What is it about the autumn kitchen garden that is so appealing? Leaves are turning yellow and brown, drying and dying, rustling and falling from stalks and vines, mildewing, shriveling and collapsing. Yet in the golden light of autumn mornings or late afternoons these dying plants are so beautiful, every bit as beautiful as the vigorous fall and winter crops growing robustly in beds around them.
One appeal of these changing leaves may be that they signal the ripeness of vegetables that have been maturing slowly all summer. Corn, dry beans, potatoes, onions, winter squash have finished growing; some already begin to fill the winter larder, others are ready now to dig, pull or shell.

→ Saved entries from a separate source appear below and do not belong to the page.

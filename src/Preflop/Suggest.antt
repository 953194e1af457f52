-- ===== src/Preflop/Suggest.antt =====
-- What to do before the flop: agents/team1_agent/preflop/tools/position_analyzer.py and
-- action_evaluator.py. Scores are in tenths, to which the code rounds them; a product of a category
-- score and a multiplier is a whole number of tenths. A returned dict with the key "error" is a
-- `raise`. The debug output is left out.
use adk_poker.Base.{
  ℕ, ◌+◌, ◌*◌, min, List, [], ◌∷◌, map, leb, ◌==◌, if◌then◌else◌, Option, none, some, Text, codes,
  to_lower, occurs_in, text_lookup, is_empty,
}
use adk_poker.Result.{Result, ok, ◌>>=◌}
use adk_poker.Preflop.Classify.{HandClass, classify_hand}

-- `position_multiplier`, in tenths
abbrev pub position_multiplier : List (Text × ℕ)
position_multiplier =
    (codes "UTG", 10)
    ∷ (codes "CO", 11)
    ∷ (codes "BTN", 12)
    ∷ (codes "SB", 10)
    ∷ (codes "BB", 11)
    ∷ []

-- `position_multiplier.get(position, 0.9)`
abbrev pub multiplier_of : Text → ℕ
multiplier_of position = elim (text_lookup position position_multiplier) [ none ↦ 9 | some m ↦ m ]

pub record PositionValue : Type 0 where
  pub hand_class : HandClass
  pub multiplier : ℕ
  pub adjusted_score : ℕ
  pub recommendation : Text

unfoldable pub recommend : ℕ → Text
recommend adjusted_score =
    if leb 50 adjusted_score
    then codes "レイズ or 3bet or 4bet"
    else if leb 40 adjusted_score
    then codes "レイズ or 3bet"
    else if leb 10 adjusted_score
    then codes "レイズ"
    else codes "フォールド推奨"

-- `analyze_preflop_position_value`
unfoldable pub analyze_position : List Text → Text → Result PositionValue
unfolding classify_hand recommend
analyze_position hole_cards position = do
  hand_class ← classify_hand hole_cards position
  let adjusted_score = hand_class.score * multiplier_of position
  ok (record {
    hand_class = hand_class;
    multiplier = multiplier_of position;
    adjusted_score = adjusted_score;
    recommendation = recommend adjusted_score;
  })

-- The keys of `hand_classification` that are read.
pub record Known : Type 0 where
  pub category_score : Option ℕ
  pub position : Option Text

-- `hand_classification.get("position", position) or position`
abbrev position_for : Option Text → Text → Text
position_for none position = position
position_for (some p) position = if is_empty p then position else p

unfoldable pub adjusted : Option Known → List Text → Text → Result ℕ
unfolding analyze_position
adjusted (some known) hole_cards position = ok (
    elim known.category_score [ none ↦ 0 | some s ↦ s ]
    * multiplier_of (position_for known.position position))
adjusted none hole_cards position = do
  value ← analyze_position hole_cards position
  ok value.adjusted_score

-- `sum(1 for a in action_before_you if "raise" in a.lower())`
unfoldable pub count_raises : List Text → ℕ
count_raises [] = 0
count_raises (a ∷ actions) =
    let rest = count_raises actions in
    if occurs_in (codes "raise") (map to_lower a) then 1 + rest else rest

pub data Move : Type 0 where
  fold call raise_open three_bet four_bet : Move

-- The recommended action and amount.
unfoldable pub suggest : ℕ → ℕ → ℕ → ℕ → ℕ → Move × ℕ
suggest raise_count adj_score your_stack to_call blind_size =
    if leb 4 raise_count
    then (if leb 55 adj_score then (call, min your_stack to_call) else (fold, 0))
    else if raise_count == 3
    then (if leb 50 adj_score then (call, min your_stack to_call) else (fold, 0))
    else if raise_count == 2
    then (if leb 50 adj_score then (four_bet, min (blind_size * 10) your_stack) else (fold, 0))
    else if raise_count == 1
    then (if leb 35 adj_score
        then (three_bet, blind_size * 3)
        else if leb 10 adj_score
        then (call, to_call)
        else (fold, 0))
    else (if leb 10 adj_score then (raise_open, blind_size * 3) else (fold, 0))

pub record Suggestion : Type 0 where
  pub strength_score : ℕ
  pub prior_raises : ℕ
  pub recommended_action : Move
  pub recommended_amount : ℕ

-- The answer, once the score is known.
unfoldable pub suggestion : List Text → ℕ → ℕ → ℕ → ℕ → Suggestion
unfolding count_raises suggest
suggestion actions your_stack to_call blind_size adj_score =
    let raise_count = count_raises actions in
    let chosen = suggest raise_count adj_score your_stack to_call blind_size in
    record {
      strength_score = adj_score;
      prior_raises = raise_count;
      recommended_action = chosen.0;
      recommended_amount = chosen.1;
    }

-- `evaluate_preflop_action`; no earlier actions are an empty list.
unfoldable pub evaluate_preflop_action :
    List Text → Text → List Text → ℕ → ℕ → ℕ → Option Known → Result Suggestion
unfolding adjusted suggestion
evaluate_preflop_action hole_cards position action_before_you your_stack to_call blind_size known =
    do
      adj_score ← adjusted known hole_cards position
      ok (suggestion action_before_you your_stack to_call blind_size adj_score)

But while there is a satisfying sense of harvest, I think the pleasure in these spent plants comes less from the vegetables they’ve produced and more from their dying leaves. They mark the end of the season’s cycle in the kitchen garden in the same way that the yellows and browns, russets and reds in the larger landscape mark the end of summer, the coming of fall and winter and the restfulness of these seasons compared to the rush of spring and summer.
Or perhaps the appeal of the kitchen garden this time of year comes from the mix of dying summer foliage and vigorous fall and winter green. In among the fading summer plants there are beds filled with robust winter crops: kale, Brussels sprouts, rutabaga, turnip, celery root, parsnips, leeks and hardy salad greens. Planted in June and July, they too are part of the restfulness ahead. Settling into the cooler season, they will hold in the garden, sweetening after some frosts, ready for harvest when we want them and like the storage vegetables part of the winter larder.
Though I look forward to each spring’s new planting and growth and to summer’s abundance, fall is my favorite season, the softer colors and slanting light, the slowing down, the rest ahead and time to reflect on the year past.